Especially with automatic calibration, it is possible to match outputs with some extreme values for y_factor. Some examples of how this can occur: - The calibration of prev in a Males 50+ population using the foi parameter results in a y_factor of 0.00001 - if optimizations are run with this force of infection value, the Males 50+ population will be almost immune to infection for any reason, and any programs that target Males 50+ will be defunded. In reality, something else is wrong in the model, perhaps this high prevalence is because of Males 40-49 aging into the 50+ population and that population should be reviewed, or even more likely there is a risk-based transition from a key population such as people who inject drugs which is too high. - The calibration to match incidence in children aged 0-14 using the foi parameter results in a y_factor of 1000. The real reason for this may be that the model itself has failed to include the critical pathway for child incidence through mother-to-child transmission.
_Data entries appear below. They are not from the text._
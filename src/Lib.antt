-- ===== src/Lib.antt =====
-- ASDL Hub: verification of the services that decide which job a node starts, what its report changes,
-- which logins are refused, and what becomes of an app that stops answering.
--
-- Parts of the program and the files that model them:
--   * internal/models: Models (the rows of the tables and the texts that they hold), Models.Capacity
--     (RecommendedParallelJobs, JobLimit), Models.Secrets (MergeMasked, MaskToken).
--   * internal/api/middleware/loginlimit.go: Auth.LoginLimiter (Blocked, Failed, Succeeded, recent), with
--     Window and History for the times that are kept and Limits for what they decide.
--   * internal/models/user.go, internal/services/settings_service.go and internal/api/middleware/auth.go:
--     Auth.Users (accounts, roles, CapRole, RequireRole).
--   * internal/services/session_service.go and auth_service.go: Auth.Sessions (deviceName, checkSession, the
--     ways a session ends), Auth.Tokens (ValidateToken, issueSession, Login, GeneratePermanentToken).
--   * internal/services/twofactor_service.go: Auth.TwoFactor (checkTOTP, checkSecondFactor) and
--     Auth.TwoFactor.Setup (Begin-, Enable-, Disable- and ResetTwoFactor, MFAUser).
--   * internal/services/cli_auth.go: Auth.CliLogin (Start, Approve, Deny, Poll), with Calls for sequences of
--     calls.
--   * internal/services/job_service.go: Jobs.Queue (nextJob, roomForAnotherJob), Jobs.Complete (Complete,
--     completeDeploy, removeStrayCopy), Jobs.Sweeps (failStuckJobs, cancelStaleInteractiveJobs, JobsInFlight,
--     Retry, redactEnvironment).
--   * internal/services/job_logs.go: Jobs.LiveLog (JobLogHub).
--   * internal/services/deploy_command.go: Deploy.Markers (ParsePortMarker, ParsePluginPorts).
--   * internal/models/validation.go, internal/services/placement.go and deployer.go: Deploy.Ports
--     (ParsePortMapping, usedHostPorts, fixedPortClash, preferredHostPort), Deploy.Dispatch (Dispatch,
--     prepareSnapshots).
--   * internal/services/rollback.go: Deploy.Rollback (deploymentBefore, autoRollbackTarget,
--     manualRollbackTarget, rollbackUnderway); tryRollback is in Health.Unhealthy.
--   * internal/services/placement.go: Placement (rankPlacements, score, hasHeadroom, placementCandidates, and
--     failoverTarget of health_service.go).
--   * internal/services/app_outages.go and node_outages.go: Outages.Apps, Outages.Nodes.
--   * internal/services/node_service.go: Nodes (nodeByAddress), Nodes.Score (calculateHealthScore),
--     Nodes.Handlers (Register, Heartbeat, sweepOffline, Remove, GoingAway).
--   * internal/services/maintenance_service.go: Nodes.Maintenance (SetMaintenance, containerJobFor,
--     SetParallelJobs), Nodes.Containers (ContainerLogs, RestartContainer, with shellQuote of
--     deploy_command.go, which Nodes.Quoted reads back); node_samples.go: Nodes.Samples (sampleDue,
--     recordSample, downsample).
--   * internal/services/node_uptime.go and status_page.go: Outages.Uptime (uptimePercent, uptimeOf, appStatus,
--     overallStatus), Outages.Tracking (outageTrackingSince, appTrackingSince, trimHeartbeats).
--   * internal/services/migration_service.go: Migrations (migrationStuck, cleanupStuckMigrations,
--     MigrateToNode), Migrations.Requests (MigrateProject, EnforceMasterNode, ListMigrations).
--   * internal/services/health_service.go: Health (restartInPlace), Health.Unhealthy (handleUnhealthyProject
--     and what it calls), Health.Rounds (checkAllProjects, recoverFailed, retryFailover).
-- A node polls the queue (nextJob), sends the output of the job that it runs (Append) and reports its end
-- (Complete), which settles the deployment, the project and the copies of the app on other nodes. Each
-- round of the health checker reads the projects, counts failed checks, and dispatches a restart, a
-- rollback or a failover as one more job of the queue.
-- Hub holds the tables that these share. Samples holds the rows of the examples. Prelude is the shared
-- base: tests on numbers, lists as tables, stable sorting, Go's maps.
--
-- How the model corresponds to the code:
--   * An identifier is a number, 0 for the empty text. An instant is a count of nanoseconds, 0 for Go's
--     zero time; a handler reads the clock once, where the source can read it again a moment later. A
--     text that the code takes apart is its list of code points. The load average is in hundredths.
--   * A table is the list of its rows in the order in which they were made. A query for one row takes the
--     first that fits, ORDER BY is a stable sort, LIMIT a prefix. A write whose error the source ignores
--     succeeds; what a write whose error it reads returns is an argument (`World`, `Supply`). The
--     jobs that other polls take while one is answered are an argument too (`raced`, Jobs.Queue.others_took).
--   * A goroutine that a lock serialises is a function of the state that the lock guards.
--   * Go's maps are association lists with one entry a key (Prelude.GoMap). Nothing depends on the order
--     in which Go visits a map.
--   * Loops are structural recursion on the list that they range over. The one loop without a bound, the
--     search for a free port, has one unit of fuel more than there are used ports, which is enough.
--   * A deploy's script, a notification's text and log lines are not modelled; the model records which
--     job is queued and which notice is sent.
--   * What signs and reads tokens is the interface Auth.Tokens.Jwt, whose law is that a token is read back
--     until it expires; bcrypt, HMAC, the cipher and JSON are Auth.TwoFactor.Crypto; new identifiers and
--     random texts are arguments. A client's headers and machine names are lists of bytes.
--   * Who answers a health check is an argument of a round (Round.answers). The choice of a failover's node
--     is a parameter of the checker, which Placement.failover_target fills; a node's uptime is an argument
--     there, which Outages.Uptime.uptime_of computes; float64 is an interface (Placement.Float) whose laws hold
--     for numbers that are not NaN.
--
-- Not modelled: the HTTP and websocket handlers around these operations, the encryption of the secrets'
-- columns, passkeys, nginx, WireGuard, plugins and what is stored of snapshots, the choice of the master
-- node, updates, the command line and the dashboard.
pub mod Prelude
pub mod Auth
pub mod Models
pub mod Nodes
pub mod Migrations
pub mod Hub
pub mod Deploy
mod Samples
pub mod Jobs
pub mod Outages
pub mod Placement
pub mod Health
In order to avoid these kinds of modelling outcomes it is critical to (a) review calibration values/y_factors to ensure they are within expected bounds, and (b) if there are extreme values conduct further investigation, as there will be something else that should be changed to improve how the model represents reality, and this will result in better recommendations using the model.

[10]:
for par in ['b_rate', 'doth_rate', 'foi', 'rec_rate', 'm_rate']:
    print (f'{par}: y_factor = {cal_par.pars[par].y_factor["adults"]}')
b_rate: y_factor = 1.1940797850489617
doth_rate: y_factor = 0.35344856867066743
foi: y_factor = 1.4156379604339597
rec_rate: y_factor = 0.11845193190034481
m_rate: y_factor = 0.12463252198981332

Some of these values are low at around 0.15, and this can be attributed to the high value for prevalence (inf) in the databook requiring a low value for each of doth_rate, rec_rate, and m_rate. Individually these are not outside of a ‘reasonable’ range for calibration y_factors but as they are all needed to fit a single data point this might suggest a second look at the reliability of original data values for prevalence in this project.
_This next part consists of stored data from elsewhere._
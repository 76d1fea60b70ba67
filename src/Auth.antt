-- ===== src/Auth.antt =====
-- Signing in: the limit on failed logins, the accounts, the sessions and the tokens.
pub mod LoginLimiter
pub mod Users
pub mod Sessions
pub mod Tokens
pub mod TwoFactor
pub mod CliLogin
5. Missing model features Calibration at its best accounts for factors outside of a model in order to focus on what is in the model. Sometimes those factors have too big an impact on the model to be ignored, and the right solution is to add depth to the model as the only other solution is to force outcomes with extreme y_factors or unrealistic values for other parameters.
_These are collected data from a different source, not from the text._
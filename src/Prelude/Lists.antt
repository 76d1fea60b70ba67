-- ===== src/Prelude/Lists.antt =====
-- Lists counted by the native numbers, tests over lists, and what the components need of them.
use Prim.Native.Nat.{ℕ, zero, suc, ◌+◌, ◌-◌, ◌≤◌, min}
use mathlib.Core.Path.{◌≡◌, refl, sym, subst}
use mathlib.Core.Logic.{◌⊎◌, inl, inr}
use mathlib.Core.Bool.{Bool, true, false, ◌||◌, ◌&&◌}
use mathlib.Core.List.{List, [], ◌∷◌, ◌++◌}
use mathlib.Core.Option.{Option, none, some}
use native.Mathlib.Omega.{arith}
use asdl_hub.Prelude.Tests.{if◌then◌else◌, Bool-cases}

module _ {ℓ} {A : Type ℓ} where
  abbrev pub length : List A → ℕ
  length [] = 0
  length (x ∷ xs) = suc (length xs)

  abbrev pub take : ℕ → List A → List A
  take zero xs = []
  take (suc n) [] = []
  take (suc n) (x ∷ xs) = x ∷ take n xs

  abbrev pub drop : ℕ → List A → List A
  drop zero xs = xs
  drop (suc n) [] = []
  drop (suc n) (x ∷ xs) = drop n xs

  abbrev pub get_elem? : List A → ℕ → Option A
  get_elem? [] i = none
  get_elem? (x ∷ xs) zero = some x
  get_elem? (x ∷ xs) (suc i) = get_elem? xs i

  -- The rows that a test keeps, in their order.
  abbrev pub select : (A → Bool) → List A → List A
  select p [] = []
  select p (x ∷ xs) = let rest = select p xs in if p x then x ∷ rest else rest

  -- The first row that a test finds.
  abbrev pub first : (A → Bool) → List A → Option A
  first p [] = none
  first p (x ∷ xs) = let rest = first p xs in if p x then some x else rest

  -- An SQL UPDATE: the rows that a test finds are rewritten.
  abbrev pub update : (A → Bool) → (A → A) → List A → List A
  update p f [] = []
  update p f (x ∷ xs) = (if p x then f x else x) ∷ update p f xs

  abbrev pub any : (A → Bool) → List A → Bool
  any p [] = false
  any p (x ∷ xs) = p x || any p xs

  abbrev pub head : List A → Option A
  head [] = none
  head (x ∷ xs) = some x

module _ {ℓ} {A : Type ℓ} where
  -- Every element has the property.
  abbrev pub All {κ} : (A → Type κ) → List A → Type κ
  All P [] = Unit
  All P (x ∷ xs) = P x × All P xs

module _ {A : Type 0} where
  -- The element stands in the list.
  abbrev pub In : A → List A → Type 0
  In a [] = ⊥
  In a (x ∷ xs) = (a ≡ x) ⊎ In a xs

module _ {ℓ} {A : Type ℓ} where
  pub length-append : (xs ys : List A) → length (xs ++ ys) ≡ length xs + length ys
  length-append [] ys = omega arith
  length-append (x ∷ xs) ys = omega (arith, length-append xs ys)

  pub length-drop : (n : ℕ) (xs : List A) → length (drop n xs) ≡ length xs - n
  length-drop zero xs = omega arith
  length-drop (suc n) [] = omega arith
  length-drop (suc n) (x ∷ xs) = omega (arith, length-drop n xs)

  pub length-take : (n : ℕ) (xs : List A) → length (take n xs) ≡ min n (length xs)
  length-take zero xs = omega arith
  length-take (suc n) [] = omega arith
  length-take (suc n) (x ∷ xs) = omega (arith, length-take n xs)

module _ {A : Type 0} where
  pub All_of_In {κ} : (P : A → Type κ) (a : A) (xs : List A) → In a xs → All P xs → P a
  All_of_In P a [] m h = absurd m
  All_of_In P a (x ∷ xs) (inl e) h = subst P (sym e) h.0
  All_of_In P a (x ∷ xs) (inr m) h = All_of_In P a xs m h.1

  -- What `first` returns is a row of the list that passes the test.
  pub first-In : (p : A → Bool) (xs : List A) (a : A) → first p xs ≡ some a → In a xs
  first-In p [] a h = cc
  first-In p (x ∷ xs) a h = elim (Bool-cases (p x)) [
    | inl passes ↦ inl (ground arith)
    | inr fails ↦ inr (first-In p xs a (ground arith))
  ]

  pub first_passes : (p : A → Bool) (xs : List A) (a : A) → first p xs ≡ some a → p a ≡ true
  first_passes p [] a h = cc
  first_passes p (x ∷ xs) a h = ground (arith, first_passes p xs a)

  pub select-In : (p : A → Bool) (xs : List A) (a : A) → In a (select p xs) → In a xs × (p a ≡ true)
  select-In p [] a m = absurd m
  select-In p (x ∷ xs) a m = elim (Bool-cases (p x)) [
    | inl passes ↦ ground (arith, select-In p xs a)
    | inr fails ↦ ground (arith, select-In p xs a)
  ]

  pub In-select : (p : A → Bool) (xs : List A) (a : A) → In a xs → p a ≡ true → In a (select p xs)
  In-select p [] a m h = absurd m
  In-select p (x ∷ xs) a (inl e) h = ground arith
  In-select p (x ∷ xs) a (inr m) h = ground (arith, In-select p xs a m h)

  pub length-select_In :
      (p : A → Bool) (xs : List A) (a : A) → In a xs → p a ≡ true → 1 ≤ length (select p xs)
  length-select_In p [] a m h = absurd m
  length-select_In p (x ∷ xs) a (inl e) h = ground arith
  length-select_In p (x ∷ xs) a (inr m) h = ground (arith, length-select_In p xs a m h)

  -- What is selected lacks the test that its selection rules out.
  pub All-select_not :
      (q p : A → Bool) (xs : List A)
      → ((x : A) → q x ≡ true → p x ≡ false)
      → All (λ s. q s ≡ false) (select p xs)
  All-select_not q p [] h = tt
  All-select_not q p (x ∷ xs) h =
      let rest = All-select_not q p xs h in
      elim (Bool-cases (p x)) [
        | inl stays ↦ rw stays (elim (Bool-cases (q x)) [
          | inl bad ↦ absurd (ground (arith, h x bad))
          | inr fine ↦ (fine, rest)
        ])
        | inr goes ↦ rw goes rest
      ]

  pub select-select :
      (p q : A → Bool) (xs : List A) → select p (select q xs) ≡ select (λ x. q x && p x) xs
  select-select p q [] = refl
  select-select p q (x ∷ xs) = ground (arith, select-select p q xs)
In the example above, it is impossible to match both the 2010 and 2020 data points for number of deaths (m_num) as they are not consistent with increasing prevalence. Perhaps it is necessary to calibrate a changing m_rate over time in the databook, or even add diagnosis and treatment to the model?

6. ‘Burn-in’ period Often with more complex models, there may be too many parameters to initialize each and every one of them accurately in the first time step of the model via databook entry, such as tracking compartments for many different stages of a disease or stages of treatment. In these cases, it may be best to initialize just using key databook values such as ‘number on treatment’, ‘number infected’ and make assumptions for compartments within these categories. This will typically result in strange model behaviour for a number of time steps during a ‘burn-in’ period before the proportions at different stages of treatment settle down to an equilibrium, so it may be necessary to exclude these burn-in years from exported results in general, and not try to match these in calibration. Ideally, the model should either initialize a model earlier (e.g. several years in models with long time steps) and/or calibrate to the years for which data exists, and exclude those burn-in years from exported results in general.